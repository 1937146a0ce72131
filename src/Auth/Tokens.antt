-- ===== src/Auth/Tokens.antt =====
-- TokenService of apps/api/src/modules/auth/token.service.ts: refresh tokens, each of which is used
-- once for the next one of its family. The parameters are SHA-256, the signature of an access token
-- and the two lifetimes of the configuration; the random values are arguments.
use make_we_bet.Prelude.{
  ℕ, ◌+◌, ◌*◌, Bool, true, false, ◌&&◌, ◌||◌, not, Option, none, some, ltb, ◌==◌, lookup, insert,
  first?, update_all, fresh,
}
use make_we_bet.Errors.{
  invalid_refresh_token, refresh_token_reuse, refresh_token_expired, account_disabled,
  unique_violation, type_error,
}
use make_we_bet.Database.{
  UserRole, UserStatus, suspended, banned, User, Session, Action, ◌>>=◌, ◌>>◌, return, throw,
  tables, write, require, found,
}
use make_we_bet.Wallet.{is_null}

pub record IssuedTokens : Type 0 where
  pub access_token : ℕ
  pub refresh_token : ℕ
  pub expires_in : ℕ

pub record TokenConfig : Type 0 where
  pub hash_token : ℕ → ℕ
  pub sign : ℕ → UserRole → ℕ
  pub access_ttl_sec : ℕ
  pub refresh_ttl_sec : ℕ

-- `where: { refreshTokenHash }`
abbrev pub has_hash : ℕ → Session → Bool
has_hash h s = s.refresh_token_hash == h

abbrev pub is_absent : {A : Type 0} → Option A → Bool
is_absent none = true
is_absent (some _) = false

abbrev pub in_family : ℕ → Session → Bool
in_family family s = (s.family_id == family) && is_null s.revoked_at

abbrev pub revoked : ℕ → Session → Session
revoked now s = record s { revoked_at = some now }

-- `updateMany({ where: { familyId, revokedAt: null }, data: { revokedAt } })`
abbrev pub revoke_family : ℕ → ℕ → Action Unit
revoke_family now family =
    write λ db. record db { sessions = update_all (in_family family) (revoked now) db.sessions }

-- `session.revokedAt || session.consumedAt`
abbrev pub is_spent : Session → Bool
is_spent s = not (is_null s.revoked_at) || not (is_null s.consumed_at)

abbrev pub is_disabled : UserStatus → Bool
is_disabled status = elim status [ banned ↦ true | suspended ↦ true | _ ↦ false ]

abbrev pub set_session : ℕ → Session → Action Unit
set_session id s = write λ db. record db { sessions = insert id s db.sessions }

module _ (config : TokenConfig) where
  abbrev pub new_session : ℕ → ℕ → ℕ → ℕ → Session
  new_session now user family raw = record {
    user_id = user;
    family_id = family;
    refresh_token_hash = config.hash_token raw;
    expires_at = now + config.refresh_ttl_sec * 1000;
    consumed_at = none;
    revoked_at = none;
  }

  -- `session.create`: the hash is unique.
  abbrev pub create_session : Session → Action Unit
  create_session s = do
    db ← tables
    require (is_absent (first? (has_hash s.refresh_token_hash) db.sessions)) unique_violation
    set_session (fresh db.sessions) s

  unfoldable pub issue : ℕ → ℕ → UserRole → ℕ → ℕ → Action IssuedTokens
  issue now user role family raw = do
    create_session (new_session now user family raw)
    return record {
      access_token = config.sign user role;
      refresh_token = raw;
      expires_in = config.access_ttl_sec;
    }

  -- A token that was used before gives its whole family up.
  unfoldable pub rotate_once : ℕ → ℕ → ℕ → Session → User → Bool → Action IssuedTokens
  unfolding issue
  rotate_once now next id s u true = revoke_family now s.family_id >> throw refresh_token_reuse
  rotate_once now next id s u false = do
    require (not (ltb s.expires_at now)) refresh_token_expired
    require (not (is_disabled u.status)) account_disabled
    set_session id (record s { consumed_at = some now })
    issue now s.user_id u.role s.family_id next

  unfoldable pub rotate : ℕ → ℕ → ℕ → Action IssuedTokens
  unfolding rotate_once
  rotate now next raw = do
    db ← tables
    (id, s) ← found (first? (has_hash (config.hash_token raw)) db.sessions) invalid_refresh_token
    u ← found (lookup s.user_id db.users) type_error
    rotate_once now next id s u (is_spent s)

  abbrev pub revoke_found : ℕ → Option (ℕ × Session) → Action Unit
  revoke_found now none = return tt
  revoke_found now (some (_, s)) = revoke_family now s.family_id

  unfoldable pub revoke_by_token : ℕ → ℕ → Action Unit
  revoke_by_token now raw = do
    db ← tables
    revoke_found now (first? (has_hash (config.hash_token raw)) db.sessions)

Problem |
Set down, unchanged, only those lines above that fall between the line with "unfoldable pub rotate_once" and the line with "unfoldable pub revoke_by_token", the two end lines included.

Answer to the problem |
  unfoldable pub rotate_once : ℕ → ℕ → ℕ → Session → User → Bool → Action IssuedTokens
  unfolding issue
  rotate_once now next id s u true = revoke_family now s.family_id >> throw refresh_token_reuse
  rotate_once now next id s u false = do
    require (not (ltb s.expires_at now)) refresh_token_expired
    require (not (is_disabled u.status)) account_disabled
    set_session id (record s { consumed_at = some now })
    issue now s.user_id u.role s.family_id next

  unfoldable pub rotate : ℕ → ℕ → ℕ → Action IssuedTokens
  unfolding rotate_once
  rotate now next raw = do
    db ← tables
    (id, s) ← found (first? (has_hash (config.hash_token raw)) db.sessions) invalid_refresh_token
    u ← found (lookup s.user_id db.users) type_error
    rotate_once now next id s u (is_spent s)

  abbrev pub revoke_found : ℕ → Option (ℕ × Session) → Action Unit
  revoke_found now none = return tt
  revoke_found now (some (_, s)) = revoke_family now s.family_id

  unfoldable pub revoke_by_token : ℕ → ℕ → Action Unit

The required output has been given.